> EXTRACTED MATERIAL
Content starts
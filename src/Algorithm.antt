-- ===== src/Algorithm.antt =====
-- Algorithm/: routines on arrays and lists, each as its loops run. An `int` that is only compared
-- stands as its distance from the least `int`, which keeps the order.
pub mod Sort
pub mod Cycle
pub mod TwoPointers
pub mod Circuit
pub mod Dijkstra
pub mod Courses
pub mod Subset
pub mod Merge
mod Tests
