-- ===== src/Prelude/Counting.antt =====
-- How often a number stands in a list, and the lists of the first numbers.
use Prim.Native.Nat.{ℕ, zero, suc, ◌+◌, ◌≤◌, ◌<◌}
use mathlib.Core.Path.{◌≡◌, refl, sym, ap, ◌∙◌}
use mathlib.Core.List.{List, [], ◌∷◌, ◌++◌}
use mathlib.Core.Bool.{Bool, true, false}
use mathlib.Core.Logic.{inl, inr}
use native.Mathlib.Omega.{arith}
use learn_note.Prelude.Tests.{Bool-cases, ◌==◌, if◌then◌else◌, ltb}

abbrev pub occurs : ℕ → List ℕ → ℕ
occurs i [] = 0
occurs i (n ∷ ns) = (if n == i then 1 else 0) + occurs i ns

pub occurs-append : (i : ℕ) (xs ys : List ℕ) → occurs i (xs ++ ys) ≡ occurs i xs + occurs i ys
occurs-append i [] ys = omega arith
occurs-append i (x ∷ xs) ys = omega (arith, occurs-append i xs ys)

abbrev pub range : (from count : ℕ) → List ℕ
range from zero = []
range from (suc n) = from ∷ range (from + 1) n

pub range-suc : (from n : ℕ) → range from (suc n) ≡ range from n ++ (from + n) ∷ []
range-suc from zero = ap (λ m. m ∷ []) (omega arith)
range-suc from (suc n) =
    ap (◌∷◌ from) (range-suc (from + 1) n ∙ ap (λ m. range (from + 1) n ++ m ∷ []) (omega arith))

-- One for a number below the bound, none otherwise.
abbrev pub below : ℕ → ℕ → ℕ
below i n = if ltb i n then 1 else 0

pub occurs-range : (i n : ℕ) → occurs i (range 0 n) ≡ below i n
occurs-range i zero = ground arith
occurs-range i (suc n) =
    ground
      (arith, occurs-range i n, ap (occurs i) (range-suc 0 n), occurs-append i (range 0 n) (n ∷ []))

pub range-append : (n : ℕ) → range 0 n ++ n ∷ [] ≡ range 0 (n + 1)
range-append n =
    ap (λ m. range 0 n ++ m ∷ []) (omega arith)
    ∙ sym (range-suc 0 n)
    ∙ ap (range 0) {x = suc n} (omega arith)

-- How many numbers below `n` are not marked.
abbrev pub left : (ℕ → Bool) → ℕ → ℕ
left seen zero = 0
left seen (suc n) = left seen n + (if seen n then 0 else 1)

pub left-all : (n : ℕ) → left (λ b. false) n ≡ n
left-all zero = refl
left-all (suc n) = omega (arith, left-all n)

pub left-none : (seen : ℕ → Bool) (n b : ℕ) → left seen n ≡ 0 → b < n → seen b ≡ true
left-none seen zero b z h = absurd (omega (arith, h))
left-none seen (suc n) b z h = elim (Bool-cases (b == n)) [
  | inl e ↦ ground (arith, e, z)
  | inr ne ↦ left-none seen n b (omega (arith, z)) (ground (arith, ne, h))
]

left-beyond :
    (seen now : ℕ → Bool) (u n : ℕ)
    → ((b : ℕ) → now b ≡ (if u == b then true else seen b))
    → n ≤ u
    → left now n ≡ left seen n
left-beyond seen now u zero h k = refl
left-beyond seen now u (suc n) h k =
    let rest = left-beyond seen now u n h (omega (arith, k)) in ground (arith, rest, h n, k)

pub left-visit :
    (seen now : ℕ → Bool) (u n : ℕ)
    → ((b : ℕ) → now b ≡ (if u == b then true else seen b))
    → seen u ≡ false
    → u < n
    → left now n + 1 ≡ left seen n
left-visit seen now u zero h fresh k = absurd (omega (arith, k))
left-visit seen now u (suc n) h fresh k = elim (Bool-cases (u == n)) [
  | inl e ↦
      let rest = left-beyond seen now u n h (ground (arith, e)) in
      ground (arith, e, rest, h n, fresh)
  | inr ne ↦
      let rest = left-visit seen now u n h fresh (ground (arith, ne, k)) in
      ground (arith, ne, rest, h n)
]
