-- ===== src/Prelude/Arrays.antt =====
-- Arrays of fixed places (a vector, a block of memory) as lists: reading and overwriting a range,
-- growing to a size, and the operations on 64-bit sizes.
use Prim.Native.Nat.{ℕ, zero, suc, ◌+◌, ◌-◌, ◌%◌, ◌^◌, ◌≤◌}
use Prim.Native.Nat.add
use mathlib.Core.Path.{◌≡◌, refl, ap, ◌∙◌}
use mathlib.Core.List.{List, [], ◌∷◌, ◌++◌}
use native.Mathlib.Omega.{arith}
use learn_note.Prelude.Lists.{length, take, drop, length-take}

-- `size_t` arithmetic wraps at 2^64.
abbrev pub add_size : ℕ → ℕ → ℕ
add_size a b = (a + b) % 2 ^ 64

abbrev pub sub_size : ℕ → ℕ → ℕ
sub_size a b = (a + 2 ^ 64 - b) % 2 ^ 64

module _ {ℓ} {A : Type ℓ} where
  -- The `n` items from index `i` on, fewer where the array ends.
  unfoldable pub slice : List A → ℕ → ℕ → List A
  slice [] i n = []
  slice (x ∷ xs) zero n = take n (x ∷ xs)
  slice (x ∷ xs) (suc i) n = slice xs i n

  -- Items written from index `i` on; what would fall past the end is not written.
  unfoldable pub write_at : List A → ℕ → List A → List A
  write_at [] i ys = []
  write_at (x ∷ xs) zero [] = x ∷ xs
  write_at (x ∷ xs) zero (y ∷ ys) = y ∷ write_at xs zero ys
  write_at (x ∷ xs) (suc i) ys = x ∷ write_at xs i ys

  -- `vector::resize`, new places filled with `d`.
  unfoldable pub resize : ℕ → A → List A → List A
  resize zero d xs = []
  resize (suc n) d [] = d ∷ resize n d []
  resize (suc n) d (x ∷ xs) = x ∷ resize n d xs

  pub length-write_at : (xs : List A) (i : ℕ) (ys : List A) → length (write_at xs i ys) ≡ length xs
  unfolding write_at
  length-write_at [] i ys = refl
  length-write_at (x ∷ xs) zero [] = refl
  length-write_at (x ∷ xs) zero (y ∷ ys) = ap suc (length-write_at xs zero ys)
  length-write_at (x ∷ xs) (suc i) ys = ap suc (length-write_at xs i ys)

  pub length-resize : (n : ℕ) (d : A) (xs : List A) → length (resize n d xs) ≡ n
  unfolding resize
  length-resize zero d xs = refl
  length-resize (suc n) d [] = ap suc (length-resize n d [])
  length-resize (suc n) d (x ∷ xs) = ap suc (length-resize n d xs)

  pub slice-zero : (xs : List A) (i : ℕ) → slice xs i 0 ≡ []
  unfolding slice
  slice-zero [] i = refl
  slice-zero (x ∷ xs) zero = refl
  slice-zero (x ∷ xs) (suc i) = slice-zero xs i

  take-resize :
      (n m : ℕ) (d : A) (xs : List A) → m ≤ length xs → m ≤ n → take m (resize n d xs) ≡ take m xs
  unfolding resize
  take-resize n zero d xs h k = refl
  take-resize zero (suc m) d xs h k = absurd (omega arith)
  take-resize (suc n) (suc m) d [] h k = absurd (omega arith)
  take-resize (suc n) (suc m) d (x ∷ xs) h k =
      ap (◌∷◌ x) (take-resize n m d xs (omega arith) (omega arith))

  -- Growing keeps what lies in the old array.
  pub slice-resize :
      (n : ℕ) (d : A) (xs : List A) (i m : ℕ)
      → i + m ≤ length xs
      → length xs ≤ n
      → slice (resize n d xs) i m ≡ slice xs i m
  unfolding slice resize
  slice-resize zero d [] i m h k = refl
  slice-resize (suc n) d [] i zero h k = slice-zero (resize (suc n) d []) i
  slice-resize (suc n) d [] i (suc m) h k = absurd (omega arith)
  slice-resize zero d (x ∷ xs) i m h k = absurd (omega arith)
  slice-resize (suc n) d (x ∷ xs) zero m h k =
      take-resize (suc n) m d (x ∷ xs) (omega arith) (omega arith)
  slice-resize (suc n) d (x ∷ xs) (suc i) m h k =
      slice-resize n d xs i m (omega arith) (omega arith)

  take_add : (n m : ℕ) (xs : List A) → n ≤ length xs → take (n + m) xs ≡ take n xs ++ slice xs n m
  unfolding slice
  take_add zero m [] h = rw (add.zero m) (take_nil m)
    where
      take_nil : (k : ℕ) → take {A = A} k [] ≡ []
      take_nil zero = refl
      take_nil (suc k) = refl
  take_add zero m (x ∷ xs) h = rw (add.zero m) refl
  take_add (suc n) m [] h = absurd (omega arith)
  take_add (suc n) m (x ∷ xs) h = rw (add.suc n m) (ap (◌∷◌ x) (take_add n m xs (omega arith)))

  -- A range is the join of its two parts.
  pub slice_add :
      (xs : List A) (i n m : ℕ)
      → i + n ≤ length xs
      → slice xs i (n + m) ≡ slice xs i n ++ slice xs (i + n) m
  unfolding slice
  slice_add [] i n m h = refl
  slice_add (x ∷ xs) zero n m h = rw (add.zero n) (take_add n m (x ∷ xs) (omega arith))
  slice_add (x ∷ xs) (suc i) n m h = rw (add.suc i n) (slice_add xs i n m (omega arith))

  pub length-slice : (xs : List A) (i n : ℕ) → i + n ≤ length xs → length (slice xs i n) ≡ n
  unfolding slice
  length-slice [] i n h = omega arith
  length-slice (x ∷ xs) zero n h = omega (arith, length-take n (x ∷ xs))
  length-slice (x ∷ xs) (suc i) n h = length-slice xs i n (omega arith)

  take-write_at :
      (xs ys : List A) → length ys ≤ length xs → take (length ys) (write_at xs zero ys) ≡ ys
  unfolding write_at
  take-write_at [] [] h = refl
  take-write_at [] (y ∷ ys) h = absurd (omega arith)
  take-write_at (x ∷ xs) [] h = refl
  take-write_at (x ∷ xs) (y ∷ ys) h = ap (◌∷◌ y) (take-write_at xs ys (omega arith))

  -- What was written is read back.
  pub slice-write_at_self :
      (xs : List A) (i : ℕ) (ys : List A)
      → i + length ys ≤ length xs
      → slice (write_at xs i ys) i (length ys) ≡ ys
  unfolding slice write_at
  slice-write_at_self [] i [] h = refl
  slice-write_at_self [] i (y ∷ ys) h = absurd (omega arith)
  slice-write_at_self (x ∷ xs) zero [] h = refl
  slice-write_at_self (x ∷ xs) zero (y ∷ ys) h = take-write_at (x ∷ xs) (y ∷ ys) (omega arith)
  slice-write_at_self (x ∷ xs) (suc i) ys h = slice-write_at_self xs i ys (omega arith)

  take-write_at_before :
      (xs : List A) (i n : ℕ) (ys : List A) → n ≤ i → take n (write_at xs i ys) ≡ take n xs
  unfolding write_at
  take-write_at_before xs i zero ys h = refl
  take-write_at_before [] i (suc n) ys h = refl
  take-write_at_before (x ∷ xs) zero (suc n) ys h = absurd (omega arith)
  take-write_at_before (x ∷ xs) (suc i) (suc n) ys h =
      ap (◌∷◌ x) (take-write_at_before xs i n ys (omega arith))

  pub slice_front : (n : ℕ) (zs : List A) → slice zs zero n ≡ take n zs
  unfolding slice
  slice_front zero [] = refl
  slice_front (suc n) [] = refl
  slice_front n (z ∷ zs) = refl

  -- A range below the written one is as it was.
  pub slice-write_at_before :
      (xs : List A) (i n j : ℕ) (ys : List A)
      → i + n ≤ j
      → slice (write_at xs j ys) i n ≡ slice xs i n
  unfolding slice write_at
  slice-write_at_before [] i n j ys h = refl
  slice-write_at_before (x ∷ xs) zero n j ys h =
      slice_front n (write_at (x ∷ xs) j ys) ∙ take-write_at_before (x ∷ xs) j n ys (omega arith)
  slice-write_at_before (x ∷ xs) (suc i) n zero ys h = absurd (omega arith)
  slice-write_at_before (x ∷ xs) (suc i) n (suc j) ys h =
      slice-write_at_before xs i n j ys (omega arith)

  -- A range from a later index on is the range less its first items.
  pub drop-slice :
      (xs : List A) (i n m : ℕ)
      → i + n + m ≤ length xs
      → drop n (slice xs i (n + m)) ≡ slice xs (i + n) m
  drop-slice xs i n m h =
      rw (slice_add xs i n m (omega arith))
        (drop_front n (slice xs i n) (slice xs (i + n) m) (length-slice xs i n (omega arith)))
    where
      drop_front : (k : ℕ) (ys zs : List A) → length ys ≡ k → drop k (ys ++ zs) ≡ zs
      drop_front zero [] zs e = refl
      drop_front zero (y ∷ ys) zs e = absurd (omega arith)
      drop_front (suc k) [] zs e = absurd (omega arith)
      drop_front (suc k) (y ∷ ys) zs e = drop_front k ys zs (omega arith)

  pub take-slice :
      (xs : List A) (i n m : ℕ) → i + n ≤ length xs → take n (slice xs i (n + m)) ≡ slice xs i n
  take-slice xs i n m h =
      rw (slice_add xs i n m h)
        (take_front n (slice xs i n) (slice xs (i + n) m) (length-slice xs i n h))
    where
      take_front : (k : ℕ) (ys zs : List A) → length ys ≡ k → take k (ys ++ zs) ≡ ys
      take_front zero [] zs e = refl
      take_front zero (y ∷ ys) zs e = absurd (omega arith)
      take_front (suc k) [] zs e = absurd (omega arith)
      take_front (suc k) (y ∷ ys) zs e = ap (◌∷◌ y) (take_front k ys zs (omega arith))

  -- The first `n` items of a range and the rest, as ranges.
  pub slice-split :
      (xs : List A) (i n t : ℕ)
      → n ≤ t
      → i + t ≤ length xs
      → (take n (slice xs i t) ≡ slice xs i n) × (drop n (slice xs i t) ≡ slice xs (i + n) (t - n))
  slice-split xs i n t h k =
      let e : t ≡ n + (t - n) = omega arith in
      (
        ap (λ s. take n (slice xs i s)) e ∙ take-slice xs i n (t - n) (omega arith),
        ap (λ s. drop n (slice xs i s)) e ∙ drop-slice xs i n (t - n) (omega arith),
      )
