-- ===== src/Algorithm/Dijkstra.antt =====
-- Algorithm/graphy.cpp: `dijkstra`, on a matrix of weights in which INT_MAX stands for no edge. The
-- global arrays are functions, read and written below `n`; `overflow` tells that a sum has left `int`,
-- which the source does not define.
mod Scan
mod Relax
pub mod Walks
pub mod Shortest
use learn_note.Prelude.{
  ℕ, zero, suc, ◌+◌, ◌==◌, Bool, true, false, not, ◌&&◌, ◌||◌, Option, none, some, if◌then◌else◌,
  ltb,
}

-- INT_MAX.
abbrev pub int_max : ℕ
int_max = 2147483647

-- `dist` and `visited`.
pub record Search : Type 0 where
  pub dist : ℕ → ℕ
  pub visited : ℕ → Bool
  pub overflow : Bool

abbrev pub put {ℓ} : {A : Type ℓ} → (ℕ → A) → ℕ → A → ℕ → A
put f k v i = if k == i then v else f i

-- The first loop.
unfoldable pub start : (ℕ → ℕ → ℕ) → ℕ → Search
start g src = record { dist = g src; visited = λ i. false; overflow = false }

-- The search for the nearest node that is not visited, over `count` nodes from `j` on; `u` is none for
-- -1.
unfoldable pub nearest : Search → (count j min : ℕ) → Option ℕ → Option ℕ
nearest s zero j min u = u
nearest s (suc count) j min u =
    let closer = ltb (s.dist j) min && not (s.visited j) in
    nearest s count (j + 1) (if closer then s.dist j else min) (if closer then some j else u)

unfoldable pub relax_one : (ℕ → ℕ → ℕ) → (u v : ℕ) → Search → Search
relax_one g u v s =
    let through = s.dist u + g u v in
    if not (s.visited v) && not (g u v == int_max)
    then record s {
      dist = if ltb through (s.dist v) then put s.dist v through else s.dist;
      overflow = s.overflow || ltb int_max through;
    }
    else s

-- The loop over the neighbours of `u`: `count` nodes from `v` on.
unfoldable pub relax : (ℕ → ℕ → ℕ) → (u count v : ℕ) → Search → Search
unfolding relax_one
relax g u zero v s = s
relax g u (suc count) v s = relax g u count (v + 1) (relax_one g u v s)

-- One turn of the outer loop, if it does not return.
unfoldable pub visit : (ℕ → ℕ → ℕ) → (n u : ℕ) → Search → Search
unfolding relax
visit g n u s = relax g u n 0 (record s { visited = put s.visited u true })

unfoldable pub turns : (ℕ → ℕ → ℕ) → (n count : ℕ) → Search → Search
unfolding nearest visit
turns g n zero s = s
turns g n (suc count) s = elim (nearest s n 0 int_max none) [
  | none ↦ s
  | some u ↦ turns g n count (visit g n u s)
]

unfoldable pub dijkstra : (ℕ → ℕ → ℕ) → (n src : ℕ) → Search
unfolding start turns
dijkstra g n src = turns g n n (start g src)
Content ends
> WORK INSTRUCTION
Only the lines that contain the string "keeps" are to be copied from the records.

> SOLUTION FOR THIS PROBLEM
-- stands as its distance from the least `int`, which keeps the order.
  -- Growing keeps what lies in the old array.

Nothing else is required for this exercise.